MP Charles Chong recovering from liver transplant; son donated part of his liver

Punggol East MP Charles Chong underwent a liver transplant at the National University Hospital on Dec 1, 2016.
Punggol East MP Charles Chong underwent a liver transplant at the National University Hospital on Dec 1, 2016.PHOTO: ST FILE

SINGAPORE - Punggol East MP and Deputy Speaker Charles Chong went for a liver transplant earlier this month, with his younger son, Glenn, the donor.

The People's Action Party announced earlier this month that the veteran MP, who defeated former incumbent Lee Li Lian of the Workers' Party at last year's general election, was taking eight weeks of medical leave following a "planned medical procedure".

In an e-mail interview with The Straits Times on Tuesday (Dec 20), Mr Chong, 63, said he was diagnosed with non-alcoholic steatohepatitis three years ago following a routine medical check-up.

He said the condition - liver inflammation caused by a build-up of fat - is "not something which has had any impact on my work or personal life". But he added that it could lead to liver cirrhosis, where the liver is permanently damaged and no longer able to work properly.

His doctors gave him the green light to continue with his political and grassroots duties as he was still in good physical condition, he said.

While monitoring his condition, they found several small lesions on his liver. While there was no immediate need for surgery as his liver was still functioning well, doctors advised him in October this year that a liver transplant was best for the long-haul.

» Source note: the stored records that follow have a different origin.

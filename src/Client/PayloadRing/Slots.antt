-- ===== src/Client/PayloadRing/Slots.antt =====
-- The payload of each slot through the operations of the ring.
use native.Mathlib.Nat.{mul-le-mul_right}
use ashiato_sync.Base.{
  ℕ, zero, suc, ◌+◌, ◌-◌, ◌*◌, ◌≤◌, ◌<◌, ◌≡◌, ◌≢◌, refl, sym, ap, ◌∙◌, List, [], ◌++◌, arith,
  Bool-cases, inl, inr, ◌⊎◌, leb, ◌==◌, length, replicate, slice, splice, length-replicate,
  length-slice, length-splice, max, append-nil, true, ==_self, ap₂, slice-splice,
  slice-splice_apart, le-or-lt, eq-or-ne, subst, slice-append, slice-replicate_zero, leb_false→lt,
  ==→eq, leb→le,
}
use ashiato_sync.Client.PayloadRing.{FramePayloadRing, ensure_payload_stride, copy_slots}

-- The payloads are as many bytes as the slots take.
abbrev pub IsSized : {Metadata : Type 0} → FramePayloadRing Metadata → Type 0
IsSized ring = length ring.payloads ≡ length ring.metadata * ring.payload_stride

-- The payload of a slot.
abbrev pub payload_bytes : {Metadata : Type 0} → FramePayloadRing Metadata → ℕ → List ℕ
payload_bytes ring slot = slice (slot * ring.payload_stride) ring.payload_stride ring.payloads

-- Bytes filled up with zeros to `size`.
abbrev pub pad : (size : ℕ) → List ℕ → List ℕ
pad size bytes = bytes ++ replicate (size - length bytes) 0

pub slot_fits : (slot size stride : ℕ) → slot < size → slot * stride + stride ≤ size * stride
slot_fits slot size stride lt = omega (arith, mul-le-mul_right stride below)
  where
    below : suc slot ≤ size
    below = omega arith

-- Different slots do not overlap.
pub slots_apart :
    (slot other stride : ℕ)
    → slot ≢ other
    → (other * stride + stride ≤ slot * stride) ⊎ (slot * stride + stride ≤ other * stride)
slots_apart slot other stride ne = elim (le-or-lt slot other) [
  | inl le ↦ inr (slot_fits slot other stride (omega arith))
  | inr lt ↦ inl (slot_fits other slot stride lt)
]

length-copy_slots :
    (slots previous_stride stride : ℕ) (previous payloads : List ℕ)
    → length (copy_slots slots previous_stride stride previous payloads) ≡ length payloads
unfolding copy_slots
length-copy_slots zero previous_stride stride previous payloads = refl
length-copy_slots (suc slot) previous_stride stride previous payloads =
    length-splice (slot * stride) (slice (slot * previous_stride) previous_stride previous)
      (copy_slots slot previous_stride stride previous payloads)
    ∙ length-copy_slots slot previous_stride stride previous payloads

-- A copied slot has its bytes.
slice-copy_slots :
    (slots previous_stride stride : ℕ) (previous payloads : List ℕ) (slot : ℕ)
    → previous_stride ≤ stride
    → slots * stride ≤ length payloads
    → slot < slots
    → slice
        (slot * stride)
        previous_stride
        (copy_slots slots previous_stride stride previous payloads)
      ≡ slice (slot * previous_stride) previous_stride previous
unfolding copy_slots
slice-copy_slots zero previous_stride stride previous payloads slot le fits lt =
    absurd (omega arith)
slice-copy_slots (suc top) previous_stride stride previous payloads slot le fits lt =
    let source = slice (top * previous_stride) previous_stride previous in
    let rest = copy_slots top previous_stride stride previous payloads in
    let size : length source ≡ previous_stride =
      length-slice (top * previous_stride) previous_stride previous in
    elim (eq-or-ne top slot) [
      | inl e ↦
          subst
            (λ n.
              slice (n * stride) previous_stride (splice (top * stride) source rest)
              ≡ slice (n * previous_stride) previous_stride previous)
            e
            (subst (λ n. slice (top * stride) n (splice (top * stride) source rest) ≡ source) size
              (slice-splice (top * stride) source rest (
                omega (
                  arith,
                  length-copy_slots top previous_stride stride previous payloads,
                  slot_fits top (suc top) stride (omega arith),
                ))))
      | inr ne ↦
          slice-splice_apart (top * stride) source rest (slot * stride) previous_stride
            (elim (slots_apart top slot stride ne) [
              | inl h ↦ inl (omega arith)
              | inr h ↦ inr (omega arith)
            ])
          ∙ slice-copy_slots top previous_stride stride previous payloads slot le
              (omega (arith, slot_fits top (suc top) stride (omega arith))) (omega arith)
    ]

-- Behind the bytes of a slot, nothing is written.
slice_tail :
    (slots previous_stride stride : ℕ) (previous payloads : List ℕ) (slot : ℕ)
    → previous_stride ≤ stride
    → slice
        (slot * stride + previous_stride)
        (stride - previous_stride)
        (copy_slots slots previous_stride stride previous payloads)
      ≡ slice (slot * stride + previous_stride) (stride - previous_stride) payloads
unfolding copy_slots
slice_tail zero previous_stride stride previous payloads slot le = refl
slice_tail (suc top) previous_stride stride previous payloads slot le =
    let source = slice (top * previous_stride) previous_stride previous in
    let size : length source ≡ previous_stride =
      length-slice (top * previous_stride) previous_stride previous in
    slice-splice_apart (top * stride) source
      (copy_slots top previous_stride stride previous payloads) (slot * stride + previous_stride)
      (stride - previous_stride)
      (elim (eq-or-ne top slot) [
        | inl e ↦ inr (omega (arith, size, ap (λ n. n * stride) e))
        | inr ne ↦ elim (slots_apart top slot stride ne) [
          | inl h ↦ inl (omega arith)
          | inr h ↦ inr (omega arith)
        ]
      ])
    ∙ slice_tail top previous_stride stride previous payloads slot le

-- A slot in the wider vector has its bytes before and zeros.
slice_padded :
    (size previous_stride stride : ℕ) (previous : List ℕ) (slot : ℕ)
    → previous_stride ≤ stride
    → slot < size
    → slice
        (slot * stride)
        stride
        (copy_slots size previous_stride stride previous (replicate (size * stride) 0))
      ≡ pad stride (slice (slot * previous_stride) previous_stride previous)
slice_padded size previous_stride stride previous slot le lt =
    let blanks : List ℕ = replicate (size * stride) 0 in
    let copied : List ℕ = copy_slots size previous_stride stride previous blanks in
    let source = slice (slot * previous_stride) previous_stride previous in
    let sum : previous_stride + (stride - previous_stride) ≡ stride = omega arith in
    ap (λ n. slice (slot * stride) n copied) (sym sum)
    ∙ slice-append (slot * stride) previous_stride (stride - previous_stride) copied
    ∙ ap₂ (λ (xs ys : List ℕ). xs ++ ys)
        (slice-copy_slots size previous_stride stride previous blanks slot le
          (omega (arith, length-replicate {A = ℕ} (size * stride) 0)) lt)
        (slice_tail size previous_stride stride previous blanks slot le
          ∙ slice-replicate_zero (slot * stride + previous_stride) (stride - previous_stride)
              (size * stride)
          ∙ ap (λ n. replicate (stride - n) 0)
              (sym (length-slice (slot * previous_stride) previous_stride previous)))

-- What the ring is after its stride was raised to `stride`: each payload is filled up with zeros.
pub record Grown {Metadata : Type 0} (stride : ℕ) (ring after : FramePayloadRing Metadata)
    : Type 0 where
  pub metadata_kept : after.metadata ≡ ring.metadata
  pub stride_raised : after.payload_stride ≡ max stride ring.payload_stride
  pub sized : IsSized after
  pub padded :
      (slot : ℕ)
      → slot < length ring.metadata
      → payload_bytes after slot ≡ pad after.payload_stride (payload_bytes ring slot)

pad_full : (size : ℕ) (bytes : List ℕ) → length bytes ≡ size → pad size bytes ≡ bytes
pad_full size bytes e = ap (λ n. bytes ++ replicate n 0) none_missing ∙ append-nil bytes
  where
    none_missing : size - length bytes ≡ 0
    none_missing = omega arith

full : (n : ℕ) → n ≡ n - 0
full n = omega arith

pub ensure_payload_stride-Grown :
    {Metadata : Type 0} (stride : ℕ) (ring : FramePayloadRing Metadata)
    → IsSized ring
    → Grown stride ring (ensure_payload_stride stride ring)
unfolding ensure_payload_stride
ensure_payload_stride-Grown stride ring sized = elim (Bool-cases (leb stride ring.payload_stride)) [
  | inl wide ↦
      let same : (length ring.payloads == length ring.metadata * ring.payload_stride) ≡ true =
        ap (λ n. n == length ring.metadata * ring.payload_stride) sized
        ∙ ==_self (length ring.metadata * ring.payload_stride) in
      rw (wide, same, ensure_payload_stride)
        record {
          metadata_kept = refl;
          stride_raised = omega (arith, leb→le stride ring.payload_stride wide);
          sized = sized;
          padded = λ slot lt. sym (
              pad_full ring.payload_stride (payload_bytes ring slot)
                (length-slice (slot * ring.payload_stride) ring.payload_stride ring.payloads));
        }
  | inr narrow ↦
      let less = leb_false→lt stride ring.payload_stride narrow in
      let bare : replicate {A = ℕ} stride 0 ≡ pad stride [] =
        ap (λ n. replicate {A = ℕ} n 0) (full stride) in
      elim (Bool-cases (ring.payload_stride == 0)) [
        | inl fresh ↦
            rw (narrow, fresh, ensure_payload_stride)
              record {
                metadata_kept = refl;
                stride_raised = omega (arith, less);
                sized = length-replicate {A = ℕ} (length ring.metadata * stride) 0;
                padded = λ slot lt.
                    slice-replicate_zero (slot * stride) stride (length ring.metadata * stride)
                    ∙ bare
                    ∙ ap (λ n. pad stride (slice (slot * n) n ring.payloads))
                        (sym (==→eq ring.payload_stride 0 fresh));
              }
        | inr old ↦
            rw (narrow, old, ensure_payload_stride)
              record {
                metadata_kept = refl;
                stride_raised = omega (arith, less);
                sized =
                    length-copy_slots (length ring.metadata) ring.payload_stride stride
                      ring.payloads (replicate (length ring.metadata * stride) 0)
                    ∙ length-replicate {A = ℕ} (length ring.metadata * stride) 0;
                padded = λ slot lt.
                    slice_padded (length ring.metadata) ring.payload_stride stride ring.payloads
                      slot (omega (arith, less)) lt;
              }
      ]
]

"We decided to do it now while I was still in overall good health, rather than wait until things got worse," he said.

Mr Chong said both his sons volunteered to be donors, but his younger son Glenn, a 30-year-old regional programme manager at think-tank Konrad-Adenauer-Stiftung, was a better match.

The surgery took place on Dec 1 at the National University Hospital. Both father and son were discharged two weeks later, on Dec 14.

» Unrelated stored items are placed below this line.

-- ===== src/Client/FrameRings/Fill.antt =====
-- What one write does to the bytes and the metadata of a slot.
use ashiato_sync.Base.{
  ℕ, zero, suc, ◌+◌, ◌-◌, ◌*◌, ◌≤◌, ◌<◌, ◌≡◌, ◌≢◌, refl, sym, ap, ap₂, ◌∙◌, Bool, true, false, ◌||◌,
  List, [], ◌∷◌, ◌++◌, arith, Bool-cases, inl, inr, ◌==◌, length, replicate, set, drop, slice,
  splice, length-set, length-slice, length-splice, slice-append, slice-splice, slice-splice_apart,
  drop-length-append, get_or-set_self, get_or-set_ne, ==_false→ne, ==→eq,
}
use ashiato_sync.Client.PayloadRing.{payload}
use ashiato_sync.Client.PayloadRing.Slots.{IsSized, payload_bytes, pad, slot_fits, slots_apart}
use ashiato_sync.Client.FrameRings.{
  FrameMetadata, EntityRing, EntityBufferedFrame, FramePresentationOrigin, metadata_at, fill_slot,
  write_slot, written,
}

pub replicate_cong : (n m : ℕ) → n ≡ m → replicate {A = ℕ} n 0 ≡ replicate m 0
replicate_cong n m e = ap (λ k. replicate {A = ℕ} k 0) e

drop-replicate : (n size : ℕ) → drop n (replicate {A = ℕ} size 0) ≡ replicate (size - n) 0
drop-replicate zero size = replicate_cong size (size - zero) (omega arith)
drop-replicate (suc n) zero = replicate_cong 0 (zero - suc n) (omega arith)
drop-replicate (suc n) (suc size) =
    drop-replicate n size ∙ replicate_cong (size - n) (suc size - suc n) (omega arith)

-- Bytes written over zeros are filled up with zeros.
pub splice_padded :
    (offset stride : ℕ) (bytes payloads : List ℕ)
    → length bytes ≤ stride
    → offset + stride ≤ length payloads
    → slice offset stride payloads ≡ replicate stride 0
    → slice offset stride (splice offset bytes payloads) ≡ pad stride bytes
splice_padded offset stride bytes payloads le fits zeros =
    let front = length bytes in
    let sum : front + (stride - front) ≡ stride = omega arith in
    let tail : slice (offset + front) (stride - front) payloads ≡ replicate (stride - front) 0 =
      sym (
        drop-length-append (slice offset front payloads)
          (slice (offset + front) (stride - front) payloads))
      ∙ ap₂ (λ n (xs : List ℕ). drop n xs) (length-slice offset front payloads)
          (sym (slice-append offset front (stride - front) payloads)
            ∙ ap (λ n. slice offset n payloads) sum
            ∙ zeros)
      ∙ drop-replicate front stride in
    ap (λ n. slice offset n (splice offset bytes payloads)) (sym sum)
    ∙ slice-append offset front (stride - front) (splice offset bytes payloads)
    ∙ ap₂ (λ (xs ys : List ℕ). xs ++ ys) (slice-splice offset bytes payloads (omega arith))
        (slice-splice_apart offset bytes payloads (offset + front) (stride - front)
            (inr (omega arith))
          ∙ tail)

-- The ring `after` has `metadata` and `bytes` in the slot and is `ring` in the others.
pub record SlotWritten (slot : ℕ) (metadata : FrameMetadata) (bytes : List ℕ)
    (ring after : EntityRing) : Type 0 where
  pub size_kept : length after.metadata ≡ length ring.metadata
  pub stride_kept : after.payload_stride ≡ ring.payload_stride
  pub sized : IsSized after
  pub here : metadata_at after slot ≡ metadata
  pub bytes_here : payload_bytes after slot ≡ bytes
  pub apart : (other : ℕ) → other ≢ slot → metadata_at after other ≡ metadata_at ring other
  pub bytes_apart :
      (other : ℕ) → other ≢ slot → payload_bytes after other ≡ payload_bytes ring other

-- The metadata of a slot is set, and bytes are written at its payload.
pub store_slot-SlotWritten :
    (slot : ℕ) (metadata : FrameMetadata) (source bytes : List ℕ) (ring : EntityRing)
    → IsSized ring
    → slot < length ring.metadata
    → length source ≤ ring.payload_stride
    → slice
        (slot * ring.payload_stride)
        ring.payload_stride
        (splice (slot * ring.payload_stride) source ring.payloads)
      ≡ bytes
    → SlotWritten slot metadata bytes ring (record ring {
      metadata = set ring.metadata slot metadata;
      payloads = splice (slot * ring.payload_stride) source ring.payloads;
    })
unfolding metadata_at
store_slot-SlotWritten slot metadata source bytes ring sized lt le e = record {
  size_kept = length-set ring.metadata slot metadata;
  stride_kept = refl;
  sized =
      length-splice (slot * ring.payload_stride) source ring.payloads
      ∙ sized
      ∙ ap (λ n. n * ring.payload_stride) (sym (length-set ring.metadata slot metadata));
  here = get_or-set_self ring.metadata slot metadata _ lt;
  bytes_here = e;
  apart = λ other ne. get_or-set_ne ring.metadata slot other metadata _ (λ q. ne (sym q));
  bytes_apart = λ other ne.
      slice-splice_apart (slot * ring.payload_stride) source ring.payloads
        (other * ring.payload_stride) ring.payload_stride
        (elim (slots_apart slot other ring.payload_stride (λ q. ne (sym q))) [
          | inl h ↦ inl h
          | inr h ↦ inr (omega arith)
        ]);
}

empty_bytes : (bytes : List ℕ) → length bytes ≤ 0 → bytes ≡ []
empty_bytes [] h = refl
empty_bytes (x ∷ bytes) h = absurd (omega arith)

-- Where the payload of a slot is a null pointer, the payloads have no bytes.
pub no_payload :
    (slot : ℕ) (ring : EntityRing)
    → IsSized ring
    → slot < length ring.metadata
    → (ring.payload_stride == 0 || length ring.payloads == 0) ≡ true
    → ring.payload_stride ≡ 0
no_payload slot ring sized lt e =
    ground (arith, slot_fits slot (length ring.metadata) ring.payload_stride lt, sized)

-- `fill_slot` writes zeros over the payload of the slot.
pub fill_slot_lem :
    (slot : ℕ) (ring : EntityRing)
    → IsSized ring
    → slot < length ring.metadata
    → fill_slot slot ring ≡ record ring {
      payloads =
          splice (slot * ring.payload_stride) (replicate ring.payload_stride 0) ring.payloads;
    }
unfolding fill_slot payload
fill_slot_lem slot ring sized lt =
    elim (Bool-cases (ring.payload_stride == 0 || length ring.payloads == 0)) [
      | inr there ↦ rw (there, fill_slot, payload) refl
      | inl null ↦
          rw (null, fill_slot, payload)
            (ap
              (λ (source : List ℕ). record ring {
                payloads = splice (slot * ring.payload_stride) source ring.payloads;
              })
              (sym (replicate_cong ring.payload_stride 0 (no_payload slot ring sized lt null))))
    ]

pub or_true : (b : Bool) → b || true ≡ true
or_true true = refl
or_true false = refl

-- `write_slot` writes the bytes of the sample at the payload of the slot, and never throws.
pub write_slot_lem :
    (slot : ℕ) (sample : EntityBufferedFrame) (origin : FramePresentationOrigin) (ring : EntityRing)
    → IsSized ring
    → slot < length ring.metadata
    → length sample.baseline.bytes ≤ ring.payload_stride
    → write_slot slot sample origin ring ≡ (
      false,
      record ring {
        metadata = set ring.metadata slot (written sample origin (metadata_at ring slot));
        payloads = splice (slot * ring.payload_stride) sample.baseline.bytes ring.payloads;
      },
    )
unfolding write_slot payload
write_slot_lem slot sample origin ring sized lt le = elim (Bool-cases (ring.payload_stride == 0)) [
  | inr some_stride ↦ elim (Bool-cases (length ring.payloads == 0)) [
    | inr there ↦ rw (some_stride, there, write_slot, payload) refl
    | inl null ↦
        let none_there =
          no_payload slot ring sized lt (rw null (or_true (ring.payload_stride == 0))) in
        absurd (==_false→ne ring.payload_stride 0 some_stride none_there)
  ]
  | inl no_stride ↦
      let nothing =
        empty_bytes sample.baseline.bytes (omega (arith, ==→eq ring.payload_stride 0 no_stride)) in
      rw (no_stride, write_slot, payload)
        (ap {B = Bool × EntityRing}
          (λ (source : List ℕ). (
            false,
            record ring {
              metadata = set ring.metadata slot (written sample origin (metadata_at ring slot));
              payloads = splice (slot * ring.payload_stride) source ring.payloads;
            },
          ))
          (sym nothing))
]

For now, Mr Chong has been told to get plenty of rest, and is on immunosuppressants so that his body does not reject the new liver.

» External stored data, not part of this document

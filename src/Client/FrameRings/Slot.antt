-- ===== src/Client/FrameRings/Slot.antt =====
-- What one write does to the slots of a ring.
use ashiato_sync.Base.{
  ℕ, ◌*◌, ◌≤◌, ◌<◌, ◌≡◌, ◌≢◌, sym, ap, subst, ◌∙◌, max, Bool, false, List, arith, length, replicate,
  get_or, set, slice, splice, length-set, length-replicate, slice-splice,
}
use ashiato_sync.Capacity.{IsCapacity, slot_for, slot_for-lt}
use ashiato_sync.Client.PayloadRing.{ensure_payload_stride, ring_slot_for}
use ashiato_sync.Client.PayloadRing.Slots.{
  IsSized, payload_bytes, pad, slot_fits, ensure_payload_stride-Grown,
}
use ashiato_sync.Client.FrameRings.{
  FrameMetadata, EntityRing, EntityBufferedFrame, FramePresentationOrigin, metadata_at, fill_slot,
  write_slot, written, begun, begin_ring, blank_metadata, FrameWriteSource,
}
use ashiato_sync.Client.FrameRings.Fill.{
  SlotWritten, fill_slot_lem, replicate_cong, splice_padded, store_slot-SlotWritten, write_slot_lem,
}

-- `begin_write` on the ring whose stride is wide enough.
begin_slot-SlotWritten :
    (slot : ℕ) (first : FrameMetadata) (wide : EntityRing)
    → IsSized wide
    → slot < length wide.metadata
    → SlotWritten slot first
        (replicate wide.payload_stride 0)
        wide
        (fill_slot slot (record wide { metadata = set wide.metadata slot first }))
begin_slot-SlotWritten slot first wide sized lt =
    let size = length-set wide.metadata slot first in
    let stride = wide.payload_stride in
    let blanks : List ℕ = replicate stride 0 in
    let count : length blanks ≡ stride = length-replicate {A = ℕ} stride 0 in
    subst (SlotWritten slot first blanks wide)
      (sym (
        fill_slot_lem slot (record wide { metadata = set wide.metadata slot first })
          (sized ∙ ap (λ n. n * stride) (sym size)) (omega (arith, size))))
      (store_slot-SlotWritten slot first blanks blanks wide sized lt (omega (arith, count)) (
        subst (λ n. slice (slot * stride) n (splice (slot * stride) blanks wide.payloads) ≡ blanks)
          count
          (slice-splice (slot * stride) blanks wide.payloads
            (omega (arith, slot_fits slot (length wide.metadata) stride lt, count, sized)))))

-- The rest of `write`.
write_slot-SlotWritten :
    (slot : ℕ) (sample : EntityBufferedFrame) (origin : FramePresentationOrigin) (ring : EntityRing)
    → IsSized ring
    → slot < length ring.metadata
    → length sample.baseline.bytes ≤ ring.payload_stride
    → payload_bytes ring slot ≡ replicate ring.payload_stride 0
    → ((write_slot slot sample origin ring).0 ≡ false)
      × SlotWritten slot
          (written sample origin (metadata_at ring slot))
          (pad ring.payload_stride sample.baseline.bytes)
          ring
          ((write_slot slot sample origin ring).1)
write_slot-SlotWritten slot sample origin ring sized lt le zeros =
    let step = write_slot_lem slot sample origin ring sized lt le in
    let stride = ring.payload_stride in
    let metadata = written sample origin (metadata_at ring slot) in
    let bytes = sample.baseline.bytes in
    (
      ap (λ (r : Bool × EntityRing). r.0) step,
      subst (SlotWritten slot metadata (pad stride bytes) ring)
          (sym (ap (λ (r : Bool × EntityRing). r.1) step))
          (store_slot-SlotWritten slot metadata bytes (pad stride bytes) ring sized lt le (
            splice_padded (slot * stride) stride bytes ring.payloads le
              (omega (arith, slot_fits slot (length ring.metadata) stride lt, sized)) zeros)),
    )

-- A write on a ring that is there: the stride is raised, the slot is blanked and then filled.
pub record RingWritten (slot : ℕ) (metadata : FrameMetadata) (bytes : List ℕ)
    (ring after : EntityRing) : Type 0 where
  pub size_kept : length after.metadata ≡ length ring.metadata
  pub stride_raised : after.payload_stride ≡ max (length bytes) ring.payload_stride
  pub sized : IsSized after
  pub here : metadata_at after slot ≡ metadata
  pub bytes_here : payload_bytes after slot ≡ pad after.payload_stride bytes
  pub apart : (other : ℕ) → other ≢ slot → metadata_at after other ≡ metadata_at ring other
  pub bytes_apart :
      (other : ℕ)
      → other ≢ slot
      → other < length ring.metadata
      → payload_bytes after other ≡ pad after.payload_stride (payload_bytes ring other)

-- The ring after a write, in the order of the code.
abbrev pub write_ring :
    EntityBufferedFrame
    → (generation : ℕ) → FrameWriteSource
    → FramePresentationOrigin
    → EntityRing
    → Bool × EntityRing
write_ring sample generation source origin ring =
    let (slot, begun_ring) =
      begin_ring sample.frame (length sample.baseline.bytes) generation source ring in
    write_slot slot sample origin begun_ring

-- The metadata of a written frame.
abbrev pub stored :
    EntityBufferedFrame
    → (generation : ℕ) → FrameWriteSource
    → FramePresentationOrigin
    → FrameMetadata
stored sample generation source origin =
    written sample origin (begun sample.frame generation source)

pub write_ring-RingWritten :
    (sample : EntityBufferedFrame) (generation : ℕ) (source : FrameWriteSource)
    (origin : FramePresentationOrigin) (ring : EntityRing)
    → IsSized ring
    → IsCapacity (length ring.metadata)
    → ((write_ring sample generation source origin ring).0 ≡ false)
      × RingWritten
          (slot_for (length ring.metadata) sample.frame)
          (stored sample generation source origin)
          sample.baseline.bytes
          ring
          ((write_ring sample generation source origin ring).1)
unfolding begin_ring ring_slot_for metadata_at
write_ring-RingWritten sample generation source origin ring sized capacity =
    let size = length sample.baseline.bytes in
    let wide : EntityRing = ensure_payload_stride size ring in
    let grown = ensure_payload_stride-Grown size ring sized in
    let slot : ℕ = slot_for (length wide.metadata) sample.frame in
    let lt : slot < length wide.metadata = slot_for-lt (length wide.metadata) sample.frame (
      subst (λ (m : List FrameMetadata). IsCapacity (length m)) (sym grown.metadata_kept)
        capacity) in
    let first : FrameMetadata = begun sample.frame generation source in
    let blank = begin_slot-SlotWritten slot first wide grown.sized lt in
    let begun_ring : EntityRing =
      fill_slot slot (record wide { metadata = set wide.metadata slot first }) in
    let size_kept : length wide.metadata ≡ length ring.metadata =
      ap (λ (m : List FrameMetadata). length m) grown.metadata_kept in
    let (safe, rest) =
      write_slot-SlotWritten slot sample origin begun_ring blank.sized
        (omega (arith, blank.size_kept, lt)) (omega (arith, blank.stride_kept, grown.stride_raised))
        (blank.bytes_here
          ∙ replicate_cong wide.payload_stride begun_ring.payload_stride (sym blank.stride_kept)) in
    (
      safe,
      subst
          (λ n.
            RingWritten (slot_for n sample.frame) (stored sample generation source origin)
              sample.baseline.bytes ring ((write_ring sample generation source origin ring).1))
          size_kept
          (record {
            size_kept = rest.size_kept ∙ blank.size_kept ∙ size_kept;
            stride_raised = rest.stride_kept ∙ blank.stride_kept ∙ grown.stride_raised;
            sized = rest.sized;
            here = rest.here ∙ ap (λ (m : FrameMetadata). written sample origin m) blank.here;
            bytes_here =
                rest.bytes_here ∙ ap (λ n. pad n sample.baseline.bytes) (sym rest.stride_kept);
            apart = λ other ne.
                rest.apart other ne
                ∙ blank.apart other ne
                ∙ ap (λ (m : List FrameMetadata). get_or m other blank_metadata)
                    grown.metadata_kept;
            bytes_apart = λ other ne below.
                rest.bytes_apart other ne
                ∙ blank.bytes_apart other ne
                ∙ grown.padded other below
                ∙ ap (λ n. pad n (payload_bytes ring other))
                    (sym (rest.stride_kept ∙ blank.stride_kept));
          }),
    )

This has led to his body having a lower immunity than he was used to, but he is taking the opportunity to eat more healthily - "so less oil, less salt in my diet," he said.

He will also have to spend the festive period doing follow-up blood and liver function tests, which he said he does not mind "as that takes the monotony out of being at home all the time."

While he is "itching to get back to Punggol East", he can only do so after doctors give him the all-clear.


"If things go well, my doctors may clear me for limited public engagements after (the eight weeks of medical leave is over), but it is right now still too early to say," he said.

But he added that the Pasir Ris-Punggol GRC MPs, particularly Deputy Prime Minister Teo Chee Hean, have stepped up to help look after his single-member constituency in the meantime.

In a Facebook post on Tuesday night, he also thanked all his well-wishers. "My family and I are very touched by the concern and words of encouragement I have received since I had my surgery," he wrote.

Pasir Ris-Punggol GRC MP Teo Ser Luck said he had been exchanging WhatsApp messages with Mr Chong, whose text messages displayed his "trademark good humour".

"Charles is like that - he will handle any difficult situation well," Mr Teo said.

Asked about his current condition, Mr Chong said he feels "pretty good, maybe a little less energy than before but the initial pain from the surgery is pretty much gone now".

He quipped: "I hope to provide Ser Luck and the rest of my colleagues in Pasir Ris-Punggol with many more entertaining text messages."